Spectrum of the Laplacian and the Jacobi operator on rotational cmc hypersurfaces of spheres

Oscar Perdomo

Published 2019-02-19Version 1

Let $M\subset \mathbb{S}^{n+1}\subset\mathbb{R}^{n+2}$ be a compact cmc rotational hypersurface of the $(n+1)$-dimensional Euclidean unit sphere. Denote by $|A|^2$ the square of the norm of the second fundamental form and $J(f)=-\Delta f-nf-|A|^2f$ the stability or Jacobi operator. In this paper we explain how to compute the spectra of their Laplace and Jacobi operators.

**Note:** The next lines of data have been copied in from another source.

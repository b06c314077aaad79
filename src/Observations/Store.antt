-- ===== src/Observations/Store.antt =====
-- The checks of the two functions, the upsert, and the batches of 200 rows.
use kayak_python.Base.{
  ℕ, zero, suc, ◌+◌, ◌-◌, String, Bool, true, false, not, ◌&&◌, Option, none, some, List, [], ◌∷◌,
  any, length, ltb, ◌==◌, if◌then◌else◌, str_eq, is_empty,
}

pub data DataType : Type 0 where
  gauge flow inflow temperature : DataType

-- `DataType(text)`; a member is itself a text, its value.
unfoldable pub data_type_of : String → Option DataType
data_type_of t =
    if str_eq t "gauge"
    then some gauge
    else if str_eq t "flow"
    then some flow
    else if str_eq t "inflow"
    then some inflow
    else if str_eq t "temperature"
    then some temperature
    else none

abbrev pub is_flow : DataType → Bool
is_flow flow = true
is_flow _ = false

abbrev pub same_type : DataType → DataType → Bool
same_type gauge gauge = true
same_type flow flow = true
same_type inflow inflow = true
same_type temperature temperature = true
same_type _ _ = false

-- What the code asks of a moment `T` and of a value `V`: `replace(microsecond=0)`, the moment in
-- UTC, the equality of the primary key, `math.isfinite` and `< 0`.
pub record Kinds (T V : Type 0) : Type 0 where
  pub truncate : T → T
  pub utc : T → ℕ
  pub same_moment : T → T → Bool
  pub is_finite : V → Bool
  pub is_negative : V → Bool

-- A row as it is handed in.
pub record Reading (T V : Type 0) : Type 0 where
  pub source_id : ℕ
  pub data_type : String
  pub observed_at : T
  pub value : V

pub record Observation (T V : Type 0) : Type 0 where
  pub source_id : ℕ
  pub observed_at : T
  pub data_type : DataType
  pub value : V

abbrev pub hour : ℕ
hour = 3600000000

abbrev pub batch_size : ℕ
batch_size = 200

module _ {T V : Type 0} (k : Kinds T V) where
  abbrev pub same_key : Observation T V → Observation T V → Bool
  same_key a b =
      a.source_id == b.source_id
      && k.same_moment a.observed_at b.observed_at
      && same_type a.data_type b.data_type

  -- INSERT ... ON CONFLICT DO UPDATE SET value
  unfoldable pub upsert : Observation T V → List (Observation T V) → List (Observation T V)
  upsert o [] = o ∷ []
  upsert o (p ∷ ps) =
      let rest = upsert o ps in if same_key p o then record p { value = o.value } ∷ ps else p ∷ rest

  abbrev pub observation : Reading T V → DataType → Observation T V
  observation r t = record {
    source_id = r.source_id;
    observed_at = k.truncate r.observed_at;
    data_type = t;
    value = r.value;
  }

  -- An absent set of sources is the empty list.
  module _ (now : ℕ) (allowed : List ℕ) where
    abbrev pub is_future : T → Bool
    is_future t = ltb (now + hour) (k.utc (k.truncate t))

    abbrev pub is_bad_flow : ℕ → DataType → V → Bool
    is_bad_flow source_id t v =
        is_flow t && k.is_negative v && not (any (λ s. source_id == s) allowed)

    -- The checks of `store_observation`, in its order.
    abbrev pub check_one : Reading T V → Option DataType → Option (Observation T V)
    check_one r none = none
    check_one r (some t) =
        if not (k.is_finite r.value)
        then none
        else if is_future r.observed_at
        then none
        else if is_bad_flow r.source_id t r.value
        then none
        else some (observation r t)

    abbrev pub store_checked :
        Option (Observation T V) → List (Observation T V) → Bool × List (Observation T V)
    store_checked none table = (false, table)
    store_checked (some o) table = (true, upsert o table)

    -- `store_observation`
    unfoldable pub store_observation :
        Reading T V → List (Observation T V) → Bool × List (Observation T V)
    unfolding data_type_of
    store_observation r table = store_checked (check_one r (data_type_of r.data_type)) table

    -- The checks in the loop of `store_observations`, in its order.
    abbrev pub check_row : Reading T V → Option DataType → Option (Observation T V)
    check_row r none = none
    check_row r (some t) =
        if is_future r.observed_at
        then none
        else if not (k.is_finite r.value)
        then none
        else if is_bad_flow r.source_id t r.value
        then none
        else some (observation r t)

    abbrev pub and_valid :
        Option (Observation T V) → List (Observation T V) → List (Observation T V)
    and_valid none os = os
    and_valid (some o) os = o ∷ os

    unfoldable pub valid_rows : List (Reading T V) → List (Observation T V)
    unfolding data_type_of
    valid_rows [] = []
    valid_rows (r ∷ rs) = and_valid (check_row r (data_type_of r.data_type)) (valid_rows rs)

  abbrev pub put_first {ℓ} : {A : Type ℓ} → A → List (List A) → List (List A)
  put_first x [] = (x ∷ []) ∷ []
  put_first x (b ∷ bs) = (x ∷ b) ∷ bs

  -- `itertools.batched(xs, 200)`; `room` is what the batch at hand still takes.
  unfoldable pub batched {ℓ} : {A : Type ℓ} → ℕ → List A → List (List A)
  batched room [] = []
  batched zero (x ∷ xs) = [] ∷ put_first x (batched (batch_size - 1) xs)
  batched (suc room) (x ∷ xs) = put_first x (batched room xs)

  -- One INSERT of several rows: the conflicts are resolved row by row.
  unfoldable pub insert_batch :
      List (Observation T V) → List (Observation T V) → List (Observation T V)
  unfolding upsert
  insert_batch [] table = table
  insert_batch (o ∷ os) table = insert_batch os (upsert o table)

  unfoldable pub insert_batches :
      List (List (Observation T V)) → List (Observation T V) → List (Observation T V)
  unfolding insert_batch
  insert_batches [] table = table
  insert_batches (b ∷ bs) table = insert_batches bs (insert_batch b table)

  -- `store_observations`
  unfoldable pub store_observations :
      ℕ → List ℕ → List (Reading T V) → List (Observation T V) → ℕ × List (Observation T V)
  unfolding valid_rows batched insert_batches
  store_observations now allowed rs table =
      let rows = valid_rows now allowed rs in
      if is_empty rows
      then (0, table)
      else (length rows, insert_batches (batched batch_size rows) table)
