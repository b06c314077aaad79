-- ===== src/Cache/Tables.antt =====
-- `update_latest`, `update_latest_gauge` and the readers of src/kayak/db/cache.py. Moments are
-- microseconds; `per_hour value earlier elapsed` is Python's `(value - earlier) / hours`.
use kayak_python.Base.{
  ℕ, ◌+◌, ◌*◌, ◌-◌, Bool, not, ◌&&◌, ◌||◌, Option, none, some, List, [], ◌∷◌, any, keep_if,
  is_empty, ltb, leb, ◌==◌, if◌then◌else◌, map,
}
use mathlib.Core.Option
use kayak_python.Observations.Store.{DataType, same_type, Observation, hour}

-- `DELTA_LOOKBACK_WINDOW`
abbrev pub delta_lookback_window : ℕ
delta_lookback_window = 6 * hour

-- `GAUGE_CACHE_REBUILD_WINDOW`
abbrev pub gauge_cache_rebuild_window : ℕ
gauge_cache_rebuild_window = 30 * (24 * hour)

pub record LatestObservation (V : Type 0) : Type 0 where
  pub source_id : ℕ
  pub data_type : DataType
  pub observed_at : ℕ
  pub value : V
  pub prev_observed_at : Option ℕ
  pub prev_value : Option V
  pub delta_per_hour : Option V

pub record LatestGaugeObservation (V : Type 0) : Type 0 where
  pub gauge_id : ℕ
  pub data_type : DataType
  pub observed_at : ℕ
  pub value : V
  pub prev_observed_at : Option ℕ
  pub prev_value : Option V
  pub delta_per_hour : Option V
  pub source_id : ℕ

pub record GaugeSource : Type 0 where
  pub gauge_id : ℕ
  pub source_id : ℕ

-- `ORDER BY ... DESC LIMIT 1`, for the order in which `ge a b` puts `a` before `b`.
unfoldable pub first_row {ℓ} : {A : Type ℓ} → (A → A → Bool) → List A → Option A
first_row ge [] = none
first_row ge (a ∷ rest) = elim (first_row ge rest) [
  | none ↦ some a
  | some b ↦ some (if ge a b then a else b)
]

-- A SELECT of one row.
abbrev pub find {ℓ} : {A : Type ℓ} → (A → Bool) → List A → Option A
find p [] = none
find p (a ∷ rest) = if p a then some a else find p rest

-- The existing row is written over, or the new one is added.
unfoldable pub save {ℓ} : {A : Type ℓ} → (A → Bool) → A → List A → List A
save p r [] = r ∷ []
save p r (a ∷ rest) = if p a then r ∷ rest else a ∷ save p r rest

-- A DELETE.
abbrev pub delete {ℓ} : {A : Type ℓ} → (A → Bool) → List A → List A
delete p = keep_if (λ a. not (p a))

-- `SELECT source_id FROM gauge_source WHERE gauge_id = ...`
abbrev pub source_ids : ℕ → List GaugeSource → List ℕ
source_ids gauge_id links = map (λ g. g.source_id) (keep_if (λ g. g.gauge_id == gauge_id) links)

module _ {V : Type 0} where
  abbrev pub newer : Observation ℕ V → Observation ℕ V → Bool
  newer a b = leb b.observed_at a.observed_at

  -- `observed_at DESC, source_id DESC`
  abbrev pub newer_or_higher : Observation ℕ V → Observation ℕ V → Bool
  newer_or_higher a b =
      ltb b.observed_at a.observed_at
      || (a.observed_at == b.observed_at && leb b.source_id a.source_id)

  abbrev pub is_of : ℕ → DataType → Observation ℕ V → Bool
  is_of source_id t o = o.source_id == source_id && same_type o.data_type t

  -- `observed_at <= cutoff`
  abbrev pub is_before : Observation ℕ V → Observation ℕ V → Bool
  is_before latest o = leb (o.observed_at + delta_lookback_window) latest.observed_at

  abbrev pub has_key : ℕ → DataType → LatestObservation V → Bool
  has_key source_id t r = r.source_id == source_id && same_type r.data_type t

  abbrev pub has_gauge : ℕ → DataType → LatestGaugeObservation V → Bool
  has_gauge gauge_id t r = r.gauge_id == gauge_id && same_type r.data_type t

  -- `get_latest`
  unfoldable pub get_latest :
      ℕ → DataType → List (LatestObservation V) → Option (LatestObservation V)
  get_latest source_id t table = find (has_key source_id t) table

  -- `get_latest_gauge`
  unfoldable pub get_latest_gauge :
      ℕ → DataType → List (LatestGaugeObservation V) → Option (LatestGaugeObservation V)
  get_latest_gauge gauge_id t table = find (has_gauge gauge_id t) table

  -- The previous row of a source.
  abbrev pub previous :
      ℕ → DataType → List (Observation ℕ V) → Observation ℕ V → Option (Observation ℕ V)
  previous source_id t obs latest =
      first_row newer (keep_if (λ o. is_of source_id t o && is_before latest o) obs)

  -- The rows that count for a gauge: of its sources, of the type, and not before `since`.
  abbrev pub counts : List ℕ → DataType → ℕ → Observation ℕ V → Bool
  counts ids t since o =
      any (λ i. o.source_id == i) ids && same_type o.data_type t && leb since o.observed_at

  abbrev pub previous_of_gauge :
      List ℕ → DataType → ℕ → List (Observation ℕ V) → Observation ℕ V → Option (Observation ℕ V)
  previous_of_gauge ids t since obs latest =
      first_row newer_or_higher (keep_if (λ o. counts ids t since o && is_before latest o) obs)

  module _ (per_hour : V → V → ℕ → V) where
    -- `delta_per_hour`: none without a previous row, or when no time lies between.
    abbrev pub delta : Observation ℕ V → Option (Observation ℕ V) → Option V
    delta latest none = none
    delta latest (some p) =
        if ltb p.observed_at latest.observed_at
        then some (per_hour latest.value p.value (latest.observed_at - p.observed_at))
        else none

    abbrev pub latest_row :
        ℕ → DataType → Observation ℕ V → Option (Observation ℕ V) → LatestObservation V
    latest_row source_id t latest prev = record {
      source_id = source_id;
      data_type = t;
      observed_at = latest.observed_at;
      value = latest.value;
      prev_observed_at = Option.map (λ p. p.observed_at) prev;
      prev_value = Option.map (λ p. p.value) prev;
      delta_per_hour = delta latest prev;
    }

    abbrev pub gauge_row :
        ℕ → DataType → Observation ℕ V → Option (Observation ℕ V) → LatestGaugeObservation V
    gauge_row gauge_id t latest prev = record {
      gauge_id = gauge_id;
      data_type = t;
      observed_at = latest.observed_at;
      value = latest.value;
      prev_observed_at = Option.map (λ p. p.observed_at) prev;
      prev_value = Option.map (λ p. p.value) prev;
      delta_per_hour = delta latest prev;
      source_id = latest.source_id;
    }

    abbrev pub save_latest :
        ℕ
        → DataType
        → List (Observation ℕ V)
        → Option (Observation ℕ V)
        → List (LatestObservation V)
        → List (LatestObservation V)
    save_latest source_id t obs none table = delete (has_key source_id t) table
    save_latest source_id t obs (some latest) table =
        save (has_key source_id t) (latest_row source_id t latest (previous source_id t obs latest))
          table

    -- `update_latest`
    unfoldable pub update_latest :
        ℕ
        → DataType
        → List (Observation ℕ V)
        → List (LatestObservation V)
        → List (LatestObservation V)
    unfolding first_row save
    update_latest source_id t obs table =
        save_latest source_id t obs (first_row newer (keep_if (is_of source_id t) obs)) table

    abbrev pub save_gauge :
        ℕ
        → List ℕ
        → DataType
        → ℕ
        → List (Observation ℕ V)
        → Option (Observation ℕ V)
        → List (LatestGaugeObservation V)
        → List (LatestGaugeObservation V)
    save_gauge gauge_id ids t since obs none table = delete (has_gauge gauge_id t) table
    save_gauge gauge_id ids t since obs (some latest) table =
        save (has_gauge gauge_id t)
          (gauge_row gauge_id t latest (previous_of_gauge ids t since obs latest)) table

    -- `update_latest_gauge`, with `since` given.
    unfoldable pub update_latest_gauge :
        List GaugeSource
        → ℕ
        → ℕ
        → DataType
        → List (Observation ℕ V)
        → List (LatestGaugeObservation V)
        → List (LatestGaugeObservation V)
    unfolding first_row save
    update_latest_gauge links since gauge_id t obs table =
        let ids = source_ids gauge_id links in
        if is_empty ids
        then delete (has_gauge gauge_id t) table
        else save_gauge gauge_id ids t since obs
            (first_row newer_or_higher (keep_if (counts ids t since) obs)) table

To illustrate the method we pick a $3$-dimensional rotational minimal hypersurface in $\mathbb{S}^4$ and prove that the first three eigenvalues of the Laplace operators are: 0, a number near $0.4404$ with multiplicity 2, and 3 with multiplicity 5. We also show that the negative eigenvalues of the Jacobi operator are: a number near $-8.6534$ with multiplicity 1, a number near $-8.52078$ with multiplicity 2, $-3$ with multiplicity 5, a number near -2.5596 with multiplicity 6, and a number number near $-1.17496$ with multiplicity 1. The stability index of this hypersurface is thus 15.